→ **YOUR TASK**
Look in the material below for the line with "pub record Machine : Type 0 where" and the line with "unfoldable pub opened", then set down exactly those two lines and all lines between, nothing more.
THE DATA Start Marker
-- ===== src/Trampoline/Calls.antt =====
-- What the trampoline does to the call that it stands before.
use syscall_throttling.Base.{
  ℕ, ◌≡◌, refl, Bool, true, false, Option, none, some, List, [], ◌∷◌, ◌==◌, if◌then◌else◌,
}
use syscall_throttling.Throttle.{inc32, dec32}
use syscall_throttling.Trampoline.{
  Register, Registers, Instruction, movq, popq, addq_8_rsp, lock_decl, ret, label, Cpu, get, set,
  stub_trampoline, pop, drop, step, go_to, execute,
}

-- The registers that a function of C gives back as it found them, beside the stack pointer.
pub record IsKept (before after : Registers) : Type 0 where
  pub rbx : after.rbx ≡ before.rbx
  pub rbp : after.rbp ≡ before.rbp
  pub r12 : after.r12 ≡ before.r12
  pub r13 : after.r13 ≡ before.r13
  pub r14 : after.r14 ≡ before.r14
  pub r15 : after.r15 ≡ before.r15

-- Where the thread goes on, with the word `answer` in hand: at the address in the system call, with
-- the registers as they were; or, with the answer in `rax`, at the address in the caller of the call.
abbrev pub goes_on : ℕ → ℕ → List ℕ → ℕ → Registers → Option ℕ × List ℕ × Registers
goes_on inside caller below answer r =
    if answer == 0
    then (some inside, caller ∷ below, r)
    else (some caller, below, record r { rax = answer })

restored :
    (before after : Registers) (answer : ℕ)
    → IsKept before after
    → record before {
      rax = answer;
      rbp = after.rbp;
      r12 = after.r12;
      r13 = after.r13;
      r14 = after.r14;
      r15 = after.r15;
    }
      ≡ record before { rax = answer }
restored before after answer kept = rw (kept.rbp, kept.r12, kept.r13, kept.r14, kept.r15) refl

-- A thread at the trampoline, with the address behind the CALL and that of the caller on its stack.
abbrev pub arrives : {S : Type 0} → ℕ → ℕ → List ℕ → Cpu S → Cpu S
arrives inside caller below c = record c { stack = inside ∷ caller ∷ below }

-- The trampoline behind its jump.
abbrev after_jump : List Instruction
after_jump =
    movq Register.rbx Register.rax
    ∷ popq Register.rbx
    ∷ addq_8_rsp
    ∷ lock_decl
    ∷ ret
    ∷ label
    ∷ popq Register.rbx
    ∷ lock_decl
    ∷ ret
    ∷ []

module _ {S : Type 0} (stub : Registers → ℕ × S → Registers × ℕ × S) where
  -- The trampoline has run: where the thread goes on, and what it has done to the counter and the
  -- system.
  abbrev pub Returns : Option ℕ × List ℕ × Registers → ℕ → S → Option (Cpu S) → Type 0
  Returns (rip, stack, registers) counter system none = ⊥
  Returns (rip, stack, registers) counter system (some c) =
      (c.rip ≡ rip)
      × (c.stack ≡ stack)
      × (c.registers ≡ registers)
      × (c.counter ≡ counter)
      × (c.system ≡ system)

  -- The last part, from the jump on, for an answer that is zero or not.
  leave :
      (is_zero : Bool) (before after : Registers) (inside caller answer : ℕ) (below : List ℕ)
      (c : Cpu S)
      → IsKept before after
      → Returns
          (if is_zero
            then (some inside, caller ∷ below, before)
            else (some caller, below, record before { rax = answer }))
          (dec32 c.counter)
          c.system
          (execute stub after_jump is_zero (record c {
            registers = record before {
              rbx = answer;
              rbp = after.rbp;
              r12 = after.r12;
              r13 = after.r13;
              r14 = after.r14;
              r15 = after.r15;
            };
            stack = before.rbx ∷ inside ∷ caller ∷ below;
          }))
  unfolding execute step get set pop drop go_to
  leave true before after inside caller answer below c kept =
      (refl, refl, restored before after before.rax kept, refl, refl)
  leave false before after inside caller answer below c kept =
      (refl, refl, restored before after answer kept, refl, refl)

  -- A thread that comes to the trampoline from the CALL at the head of a system call, with the address
  -- behind that CALL and the address of the caller of the system call on its stack, always comes out
  -- of it. When the handler left 0 in `rax`, the thread goes on in the system call, with every register
  -- as it was and the CALL's address taken off the stack. Otherwise it goes on behind the caller's
  -- call, past the system call, with the handler's answer in `rax` and every other register as it was.
  -- The handler has run with the caller's registers, and one thread more counted; afterwards one less
  -- is counted. The handler keeps the registers that a function of C keeps.
  pub execute-Returns :
      (c : Cpu S) (inside caller : ℕ) (below : List ℕ)
      → let (after, counter, system) = stub c.registers (inc32 c.counter, c.system) in
        IsKept c.registers after
        → Returns
            (goes_on inside caller below after.rax c.registers)
            (dec32 counter)
            system
            (execute stub stub_trampoline false (arrives inside caller below c))
  unfolding execute step get set pop drop go_to
  execute-Returns c inside caller below kept =
      let (after, counter, system) = stub c.registers (inc32 c.counter, c.system) in
      leave (after.rax == 0) c.registers after inside caller after.rax below
        (record c { counter = counter; system = system; zero_flag = after.rax == 0 }) kept
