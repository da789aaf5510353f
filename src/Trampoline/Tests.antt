-- ===== src/Trampoline/Tests.antt =====
-- The trampoline on concrete registers.
use syscall_throttling.Base.{ℕ, refl, true, false, none, [], ◌∷◌}
use syscall_throttling.Throttle.{inc32, dec32}
use syscall_throttling.Trampoline.{Registers, Cpu, stub_trampoline, execute}
use syscall_throttling.Trampoline.Calls.{goes_on, arrives, Returns, execute-Returns}

abbrev registers : Registers
registers = record {
  rax = 39;
  rbx = 1;
  rcx = 2;
  rdx = 3;
  rsi = 4;
  rdi = 5;
  rbp = 6;
  r8 = 7;
  r9 = 8;
  r10 = 9;
  r11 = 10;
  r12 = 11;
  r13 = 12;
  r14 = 13;
  r15 = 14;
}

-- A handler that refuses the call, as a compiled `return -EAGAIN;` does, and uses two more registers;
-- another thread leaves the trampoline meanwhile, and the system keeps the argument.
abbrev refuse : Registers → ℕ × ℕ → Registers × ℕ × ℕ
refuse r (counter, log) = (record r { rax = 4294967285; rcx = 99; r8 = 98 }, dec32 counter, r.rdi)

abbrev cpu : Cpu ℕ
cpu = record {
  registers = registers;
  stack = [];
  zero_flag = true;
  rip = none;
  counter = 1;
  system = 0;
}

execute-Returns_example :
    Returns refuse
      (goes_on 4101 8192 (77 ∷ []) 4294967285 registers)
      (dec32 (dec32 (inc32 1)))
      5
      (execute refuse stub_trampoline false (arrives 4101 8192 (77 ∷ []) cpu))
execute-Returns_example =
    execute-Returns refuse cpu 4101 8192 (77 ∷ [])
      (record { rbx = refl; rbp = refl; r12 = refl; r13 = refl; r14 = refl; r15 = refl })
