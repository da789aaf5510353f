-- ===== src/User/Symbols.antt =====
-- user/lib/sysThrot.h: the search for a system call by its name.
use syscall_throttling.Base.{
  ℕ, zero, suc, ◌+◌, ◌<◌, ◌≡◌, ◌≢◌, refl, ap, ◌∙◌, ◌↔◌, ◌⊎◌, inl, inr, Bool, true, false, Option,
  none, some, List, [], ◌∷◌, if◌then◌else◌, if_cases, arith,
}
use syscall_throttling.Base.Int.{ℤ, pos}
use syscall_throttling.Base.Code.{failure}
use syscall_throttling.Base.Lists.{length}
use syscall_throttling.Store.Keys.{compare_program, compare_program_iff}

-- `syscall_symbols[i] && strcmp(syscall_symbols[i], name) == 0`
abbrev pub is_named : List ℕ → Option (List ℕ) → Bool
is_named name none = false
is_named name (some symbol) = compare_program symbol name

-- The loop from the index `i`, with the symbols from there on.
unfoldable pub find_from : ℕ → List ℕ → List (Option (List ℕ)) → ℤ
find_from i name [] = failure
find_from i name (symbol ∷ symbols) =
    let rest = find_from (suc i) name symbols in if is_named name symbol then pos i else rest

unfoldable pub find_syscall_id : List ℕ → List (Option (List ℕ)) → ℤ
find_syscall_id name symbols = find_from 0 name symbols

-- The symbol of a number.
abbrev pub symbol_at : ℕ → List (Option (List ℕ)) → Option (List ℕ)
symbol_at i [] = none
symbol_at zero (symbol ∷ symbols) = symbol
symbol_at (suc i) (symbol ∷ symbols) = symbol_at i symbols

-- The search from `i` gave the place of the first symbol with the name, or there is none.
abbrev pub FindsFirst : ℕ → List ℕ → List (Option (List ℕ)) → ℤ → Type 0
FindsFirst i name symbols result =
    ((n : ℕ) × (result ≡ pos (i + n))
      × (symbol_at n symbols ≡ some name)
      × (n < length symbols)
      × ((j : ℕ) → j < n → symbol_at j symbols ≢ some name))
    ⊎ ((result ≡ failure) × ((j : ℕ) → symbol_at j symbols ≢ some name))

some_eq : (a b : List ℕ) → some a ≡ some b → a ≡ b
some_eq a b h = cc

is_named_iff :
    (name : List ℕ) (symbol : Option (List ℕ))
    → (is_named name symbol ≡ true) ↔ (symbol ≡ some name)
is_named_iff name none = (λ h. cc, λ h. cc)
is_named_iff name (some symbol) = (
  λ h. ap (λ (s : List ℕ). some s) ((compare_program_iff symbol name).0 h),
  λ h. (compare_program_iff symbol name).1 (some_eq symbol name h),
)

not_named :
    (name : List ℕ) (symbol : Option (List ℕ)) → is_named name symbol ≡ false → symbol ≢ some name
not_named name symbol other e =
    let same : is_named name symbol ≡ true = (is_named_iff name symbol).1 e in cc

not_before :
    (name : List ℕ) (symbol : Option (List ℕ)) (symbols : List (Option (List ℕ))) (n : ℕ)
    → is_named name symbol ≡ false
    → ((j : ℕ) → j < n → symbol_at j symbols ≢ some name)
    → (j : ℕ) → j < suc n
    → symbol_at j (symbol ∷ symbols) ≢ some name
not_before name symbol symbols n other before zero below = not_named name symbol other
not_before name symbol symbols n other before (suc j) below = before j (omega arith)

nowhere_after :
    (name : List ℕ) (symbol : Option (List ℕ)) (symbols : List (Option (List ℕ)))
    → is_named name symbol ≡ false
    → ((j : ℕ) → symbol_at j symbols ≢ some name)
    → (j : ℕ) → symbol_at j (symbol ∷ symbols) ≢ some name
nowhere_after name symbol symbols other nowhere zero = not_named name symbol other
nowhere_after name symbol symbols other nowhere (suc j) = nowhere j

find_from-FindsFirst :
    (i : ℕ) (name : List ℕ) (symbols : List (Option (List ℕ)))
    → FindsFirst i name symbols (find_from i name symbols)
unfolding find_from
find_from-FindsFirst i name [] = inr (refl, λ j h. cc)
find_from-FindsFirst i name (symbol ∷ symbols) =
    if_cases (FindsFirst i name (symbol ∷ symbols)) (is_named name symbol)
      (λ here. inl (
        0,
        ap pos (omega arith),
        (is_named_iff name symbol).0 here,
        omega arith,
        λ j small. absurd (omega arith),
      ))
      (λ other. elim (find_from-FindsFirst (suc i) name symbols) [
        | inl (n, e, at_n, small, before) ↦ inl (
          suc n,
          e ∙ ap pos (omega arith),
          at_n,
          omega arith,
          λ j below. not_before name symbol symbols n other before j below,
        )
        | inr (e, nowhere) ↦ inr (e, λ j. nowhere_after name symbol symbols other nowhere j)
      ])

-- The number that `find_syscall_id` returns is the first one whose symbol is the name, and a place of
-- the array; it returns -1 exactly when no symbol is the name.
pub find_syscall_id-FindsFirst :
    (name : List ℕ) (symbols : List (Option (List ℕ)))
    → FindsFirst 0 name symbols (find_syscall_id name symbols)
unfolding find_syscall_id
find_syscall_id-FindsFirst name symbols = find_from-FindsFirst 0 name symbols
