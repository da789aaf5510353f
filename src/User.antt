-- ===== src/User.antt =====
-- user/: the programs that command the module through its device. user/lib/sysThrot.h has one
-- function for each command, which opens the device, sends the command and closes the device;
-- user/systhrot.c calls the one that its command line names, and user/client.c calls several.
pub mod Symbols
pub mod Systhrot
pub mod Closing
pub mod CommandLine
pub mod Effects
pub mod Samples
mod Tests
pub mod Client
use syscall_throttling.Base.{ℕ, suc, Bool, true, false, Option, none, some, List, [], if◌then◌else◌}
use syscall_throttling.Base.Int.{ℤ, pos, negsuc, is_negative}
use syscall_throttling.Base.Code.{success, failure}
use syscall_throttling.Throttle.{Driver, of_int}
use syscall_throttling.Throttle.Events.{Event}
use syscall_throttling.Throttle.Switch.{wait_drained}
use syscall_throttling.Throttle.Events
use syscall_throttling.Probe.{Kernel}
use syscall_throttling.Ioctl.{Command, Argument, Module}
use syscall_throttling.Ioctl
use syscall_throttling.Device.{sys_throt_open, sys_throt_release}
use Symbols.{find_syscall_id}

-- What the program runs on. `node_error` is the error of opening the device's node, if it cannot be
-- opened at all; `strncpy_from_user` gives what the kernel's function returns for a string of the
-- program, and the bytes that it copies; `meanwhile` is what the threads do while
-- `sysThrot_turn_off` waits; `syscall_symbols` is the array of user/syscalls.h.
pub record Machine : Type 0 where
  pub available : ℕ → Bool
  pub kernel : Kernel
  pub made : Bool
  pub armed : ℤ
  pub slab_available : ℕ → Bool
  pub entry_available : ℕ → Bool
  pub meanwhile : List Event
  pub uid : ℕ
  pub node_error : Option ℕ
  pub strncpy_from_user : List ℕ → ℤ × List ℕ
  pub syscall_symbols : List (Option (List ℕ))

-- The module, the counter of its device, and the program's `errno`.
pub record World : Type 0 where
  pub loaded : Module
  pub dev_available : ℤ
  pub errno : ℕ

-- A program that goes on, with a status, or that stays in the kernel for ever.
abbrev pub Result : Type 0
Result = Option (ℤ × World)

unfoldable pub opened : World → ℤ × ℤ → Bool × World
opened w (pos n, left) = (true, record w { dev_available = left })
opened w (negsuc n, left) = (false, record w { dev_available = left; errno = suc n })

unfoldable pub close_device : World → World
close_device w = record w { dev_available = (sys_throt_release w.dev_available).1 }

module _ (c : Machine) where
  -- `open(DEVICE_PATH, O_RDWR)`, and whether it gives a descriptor.
  unfoldable pub open_node : Option ℕ → World → Bool × World
  open_node none w = opened w (sys_throt_open w.dev_available)
  open_node (some error) w = (false, record w { errno = error })

  unfoldable pub open_device : World → Bool × World
  open_device w = open_node c.node_error w

  -- What `ioctl` makes of the status of the kernel.
  unfoldable pub answered : World → ℤ → Module → ℤ × World
  answered w (pos n) m = (pos n, record w { loaded = m })
  answered w (negsuc n) m = (failure, record w { loaded = m; errno = suc n })

  unfoldable pub stopped : World → Module → Option (ℤ × Driver) → Result
  stopped w m none = none
  stopped w m (some (code, d)) = some (answered w code (record m { driver = d }))

  -- The return to the program, for `sysThrot_turn_off` after its loop.
  unfoldable pub come_back : World → Option ℤ × Module → Result
  come_back w (some code, m) = some (answered w code m)
  come_back w (none, m) =
      let supported = c.kernel.supported in
      stopped w m (
        wait_drained c.slab_available c.entry_available supported
          (Events.steps c.slab_available c.entry_available supported m.driver c.meanwhile))

  unfoldable pub ioctl : Command → Argument → World → Result
  ioctl command arg w =
      come_back w (Ioctl.ioctl c.available c.kernel c.made c.armed c.uid command arg w.loaded)

  unfoldable pub close_after : Result → Result
  close_after none = none
  close_after (some (code, w)) =
      some (if is_negative code then failure else success, close_device w)

  -- What the functions of user/lib/sysThrot.h have in common.
  unfoldable pub send : Command → Argument → World → Result
  send command arg w =
      let (got, w1) = open_device w in
      let sent = close_after (ioctl command arg w1) in if got then sent else some (failure, w1)

  -- The address of an `int`, or of a string.
  abbrev pub int_argument : ℕ → Argument
  int_argument n = record { word = some n; name = (success, []) }

  abbrev pub text_argument : List ℕ → Argument
  text_argument text = record { word = none; name = c.strncpy_from_user text }

  abbrev pub no_argument : Argument
  no_argument = record { word = none; name = (success, []) }

  unfoldable pub register_user : ℕ → World → Result
  register_user user_id = send Command.register_user (int_argument user_id)

  unfoldable pub deregister_user : ℕ → World → Result
  deregister_user user_id = send Command.deregister_user (int_argument user_id)

  unfoldable pub register_program : List ℕ → World → Result
  register_program name = send Command.register_program (text_argument name)

  unfoldable pub deregister_program : List ℕ → World → Result
  deregister_program name = send Command.deregister_program (text_argument name)

  -- The test `syscall_id == -1`, which every negative number meets that `find_syscall_id` returns.
  unfoldable pub send_id : Command → ℤ → World → Result
  send_id command (negsuc n) w = some (failure, w)
  send_id command (pos id) w = send command (int_argument (of_int (pos id))) w

  unfoldable pub register_syscall : List ℕ → World → Result
  register_syscall name = send_id Command.register_syscall (find_syscall_id name c.syscall_symbols)

  unfoldable pub deregister_syscall : List ℕ → World → Result
  deregister_syscall name =
      send_id Command.deregister_syscall (find_syscall_id name c.syscall_symbols)

  unfoldable pub turn_on_monitor : World → Result
  turn_on_monitor = send Command.switch_on no_argument

  unfoldable pub turn_off_monitor : World → Result
  turn_off_monitor = send Command.switch_off no_argument

  -- `double_open_test`: the second of two openings.
  unfoldable pub open_again : Bool × World → ℤ × World
  open_again (false, w) = (failure, close_device w)
  open_again (true, w) = (success, close_device (close_device w))

  unfoldable pub double_open_test : World → ℤ × World
  double_open_test w =
      let (got, w1) = open_device w in
      let twice = open_again (open_device w1) in if got then twice else (failure, w1)
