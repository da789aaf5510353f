-- ===== src/User/Client.antt =====
-- user/client.c: the load generator, which sets the module up, hammers it with threads, and takes
-- everything down again.
pub mod Split
pub mod Options
pub mod Spawn
pub mod Tally
pub mod Registering
pub mod Sequence
pub mod Setup
pub mod Deregistering
pub mod Teardown
pub mod Limit
pub mod Main
pub mod Hammering
pub mod Runs
mod Tests
mod LimitTests
mod RunTests
use syscall_throttling.Base.{
  ℕ, Bool, not, ◌&&◌, ◌||◌, none, some, List, [], ◌∷◌, ◌==◌, if◌then◌else◌,
}
use syscall_throttling.Base.Int.{is_zero}
use syscall_throttling.Base.Code.{success, failure}
use syscall_throttling.User.{
  Machine, World, Result, register_user, deregister_user, register_program, deregister_program,
  register_syscall, deregister_syscall, turn_on_monitor, turn_off_monitor,
}

-- The error numbers that the client lets pass: EEXIST, EALREADY, and `is_already_done`.
abbrev pub is_eexist : ℕ → Bool
is_eexist errno = errno == 17

abbrev pub is_ealready : ℕ → Bool
is_ealready errno = errno == 114

abbrev pub is_already_done : ℕ → Bool
is_already_done errno = errno == 17 || (errno == 114 || errno == 22)

-- `if (f(...) != 0 && !passes(errno)) return -1;` and what follows it.
unfoldable pub check : (ℕ → Bool) → Result → (World → Result) → Result
check passes none next = none
check passes (some (code, w)) next =
    let rest = next w in
    if not (is_zero code) && not (passes w.errno) then some (failure, w) else rest

-- The same in a loop over names.
unfoldable pub check_each :
    (ℕ → Bool) → (List ℕ → World → Result) → List (List ℕ) → (World → Result) → World → Result
check_each passes f [] next w = next w
check_each passes f (name ∷ names) next w = check passes (f name w) (check_each passes f names next)

abbrev pub done : World → Result
done w = some (success, w)

module _ (c : Machine) where
  unfoldable pub setup_throttle : List (List ℕ) → List (List ℕ) → World → Result
  setup_throttle progs syscalls w = check is_eexist (register_user c c.uid w) (
      check_each is_eexist (register_program c) progs (
        check_each is_eexist (register_syscall c) syscalls
          (λ w1. check is_ealready (turn_on_monitor c w1) done)))

  unfoldable pub teardown_throttle : List (List ℕ) → List (List ℕ) → World → Result
  teardown_throttle progs syscalls w = check is_ealready (turn_off_monitor c w) (
      check_each is_eexist (deregister_syscall c) syscalls (
        check_each is_already_done (deregister_program c) progs
          (λ w1. check is_already_done (deregister_user c c.uid w1) done)))
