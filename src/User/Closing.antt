-- ===== src/User/Closing.antt =====
-- The device after a command of the user's programs.
use syscall_throttling.Base.{
  zero, suc, ◌≡◌, ◌==◌, refl, ap, subst, sym, ◌∙◌, Bool, true, false, Option, none, some,
  if◌then◌else◌, if_cases, Option-cases, inl, inr, arith,
}
use syscall_throttling.Base.Int.{ℤ, pos, negsuc, ◌+ℤ◌, ◌-ℤ◌, is_zero, int_laws}
use syscall_throttling.Base.Code.{failure}
use syscall_throttling.Store.Registry.{IsValid, held}
use syscall_throttling.Throttle.{Driver, is_drained, turn_off, turn_off_finish}
use syscall_throttling.Throttle.Events.{steps}
use syscall_throttling.Throttle.Switch.{wait_drained, steps-store}
use syscall_throttling.Probe.Invariant.{IsApart}
use syscall_throttling.Ioctl.{Command, Argument, Module}
use syscall_throttling.Ioctl
use syscall_throttling.Ioctl.Safety.{IsSound, Keeps, ioctl-Keeps}
use syscall_throttling.Device.{sys_throt_open, sys_throt_release}
use syscall_throttling.User.{
  Machine, World, Result, opened, open_node, open_device, close_device, answered, stopped,
  come_back, ioctl, close_after, send,
}

back : (n : ℤ) → n -ℤ pos 1 +ℤ pos 1 ≡ n
back n = omega int_laws

release_open : (n : ℤ) → (sys_throt_release (n -ℤ pos 1)).1 ≡ n
unfolding sys_throt_release
release_open n = back n

-- `sysThrot_open` gives the device, whose counter goes down, or leaves the counter alone.
abbrev pub Opens : World → Bool × World → Type 0
Opens w (got, w1) =
    (w1.loaded ≡ w.loaded)
    × (got ≡ true → w1.dev_available ≡ pos 0)
    × ((if got then (close_device w1).dev_available else w1.dev_available) ≡ w.dev_available)

is_zero_eq : (n : ℤ) → is_zero n ≡ true → n ≡ pos 0
is_zero_eq (pos zero) e = refl
is_zero_eq (pos (suc n)) e = cc
is_zero_eq (negsuc n) e = cc

pub open_device-Opens : (c : Machine) (w : World) → Opens w (open_device c w)
unfolding open_device open_node opened close_device sys_throt_open
open_device-Opens c w = elim (Option-cases c.node_error) [
  | inr (error, e) ↦ rw e (refl, λ got. cc, refl)
  | inl e ↦ rw e (
      if_cases (λ (r : ℤ × ℤ). Opens w (opened w r)) (is_zero (w.dev_available -ℤ pos 1))
        (λ left. (refl, λ _. is_zero_eq _ left, release_open w.dev_available))
        (λ _. (refl, λ got. cc, back w.dev_available)))
]

-- What a program that has come back from the kernel, or that stays there, has left.
abbrev pub Leaves : Machine → World → Result → Type 0
Leaves c w (some (code, w1)) =
    (w1.dev_available ≡ w.dev_available) × Keeps c.kernel w.loaded.heap 0 w.loaded w1.loaded
Leaves c w none =
    is_drained (
      steps c.slab_available c.entry_available c.kernel.supported (turn_off w.loaded.driver).1
        c.meanwhile)
    ≡ false

-- Only `sysThrot_turn_off` waits.
abbrev Waits : Module → Option ℤ × Module → Type 0
Waits m (answer, m1) = answer ≡ none → m1.driver ≡ (turn_off m.driver).1

module _ (c : Machine) where
  ioctl-Waits :
      (command : Command) (arg : Argument) (m : Module)
      → Waits m (Ioctl.ioctl c.available c.kernel c.made c.armed c.uid command arg m)
  unfolding Ioctl.ioctl Ioctl.command_by_root
  ioctl-Waits Command.register_user arg m = if_cases (Waits m) (c.uid == 0) (λ _ h. cc) (λ _ h. cc)
  ioctl-Waits Command.deregister_user arg m =
      if_cases (Waits m) (c.uid == 0) (λ _ h. cc) (λ _ h. cc)
  ioctl-Waits Command.register_program arg m =
      if_cases (Waits m) (c.uid == 0) (λ _ h. cc) (λ _ h. cc)
  ioctl-Waits Command.deregister_program arg m =
      if_cases (Waits m) (c.uid == 0) (λ _ h. cc) (λ _ h. cc)
  ioctl-Waits Command.register_syscall arg m =
      if_cases (Waits m) (c.uid == 0) (λ _ h. cc) (λ _ h. cc)
  ioctl-Waits Command.deregister_syscall arg m =
      if_cases (Waits m) (c.uid == 0) (λ _ h. cc) (λ _ h. cc)
  ioctl-Waits Command.switch_on arg m = if_cases (Waits m) (c.uid == 0) (λ _ h. cc) (λ _ h. cc)
  ioctl-Waits Command.switch_off arg m = if_cases (Waits m) (c.uid == 0) (λ _ h. refl) (λ _ h. cc)
  ioctl-Waits (Command.unknown n) arg m = λ h. cc

  come_back-Leaves :
      (w : World) (r : Option ℤ × Module)
      → Waits w.loaded r
      → Keeps c.kernel w.loaded.heap 0 w.loaded r.1
      → Leaves c w (come_back c w r)
  unfolding come_back answered stopped wait_drained turn_off_finish
  come_back-Leaves w (some (pos n), m) waits keeps = (refl, keeps)
  come_back-Leaves w (some (negsuc n), m) waits keeps = (refl, keeps)
  come_back-Leaves w (none, m) waits (sound, b) =
      let d : Driver =
        steps c.slab_available c.entry_available c.kernel.supported m.driver c.meanwhile in
      let same =
        steps-store c.slab_available c.entry_available c.kernel.supported c.meanwhile m.driver in
      if_cases (λ (r : Option (ℤ × Driver)). Leaves c w (stopped c w m r)) (is_drained d)
        (λ _. (
          refl,
          (
            record { store = subst IsValid (sym same) sound.store; probes = sound.probes },
            omega (arith, b, ap held same),
          ),
        ))
        (λ inside.
          subst
            (λ e.
              is_drained (steps c.slab_available c.entry_available c.kernel.supported e c.meanwhile)
              ≡ false)
            (waits refl) inside)

  close_after-Leaves :
      (w w1 : World) (r : Result)
      → w1.loaded ≡ w.loaded
      → (close_device w1).dev_available ≡ w.dev_available
      → Leaves c w1 r
      → Leaves c w (close_after c r)
  unfolding close_after close_device sys_throt_release
  close_after-Leaves w w1 none same closed inside =
      subst
        (λ m.
          is_drained (
            steps c.slab_available c.entry_available c.kernel.supported (turn_off m.driver).1
              c.meanwhile)
          ≡ false)
        same inside
  close_after-Leaves w w1 (some (code, w2)) same closed (counter, keeps) = (
    ap (λ n. n +ℤ pos 1) counter ∙ closed,
    subst (λ m. Keeps c.kernel m.heap 0 m w2.loaded) same keeps,
  )

  module _ (ok : IsApart c.kernel) where
    ioctl-Leaves :
        (command : Command) (arg : Argument) (w : World)
        → IsSound c.kernel w.loaded
        → Leaves c w (ioctl c command arg w)
    unfolding ioctl
    ioctl-Leaves command arg w v =
        come_back-Leaves w _ (ioctl-Waits command arg w.loaded)
          (ioctl-Keeps c.available c.kernel c.made c.armed ok c.uid command arg w.loaded v)

    send_opened-Leaves :
        (command : Command) (arg : Argument) (w : World) (r : Bool × World)
        → IsSound c.kernel w.loaded
        → Opens w r
        → Leaves c w (if r.0 then close_after c (ioctl c command arg r.1) else some (failure, r.1))
    send_opened-Leaves command arg w (true, w1) v (same, _, closed) =
        close_after-Leaves w w1 (ioctl c command arg w1) same closed
          (ioctl-Leaves command arg w1 (subst (IsSound c.kernel) (sym same) v))
    send_opened-Leaves command arg w (false, w1) v (same, _, left) =
        (left, subst (λ m. Keeps c.kernel w.loaded.heap 0 w.loaded m) (sym same) (v, omega arith))

    pub send-Leaves :
        (command : Command) (arg : Argument) (w : World)
        → IsSound c.kernel w.loaded
        → Leaves c w (send c command arg w)
    unfolding send
    send-Leaves command arg w v =
        send_opened-Leaves command arg w (open_device c w) v (open_device-Opens c w)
THE DATA End Marker
→ **PROBLEM SOLUTION**
pub record Machine : Type 0 where
  pub available : ℕ → Bool
  pub kernel : Kernel
  pub made : Bool
  pub armed : ℤ
  pub slab_available : ℕ → Bool
  pub entry_available : ℕ → Bool
  pub meanwhile : List Event
  pub uid : ℕ
  pub node_error : Option ℕ
  pub strncpy_from_user : List ℕ → ℤ × List ℕ
  pub syscall_symbols : List (Option (List ℕ))

-- The module, the counter of its device, and the program's `errno`.
pub record World : Type 0 where
  pub loaded : Module
  pub dev_available : ℤ
  pub errno : ℕ

-- A program that goes on, with a status, or that stays in the kernel for ever.
abbrev pub Result : Type 0
Result = Option (ℤ × World)

unfoldable pub opened : World → ℤ × ℤ → Bool × World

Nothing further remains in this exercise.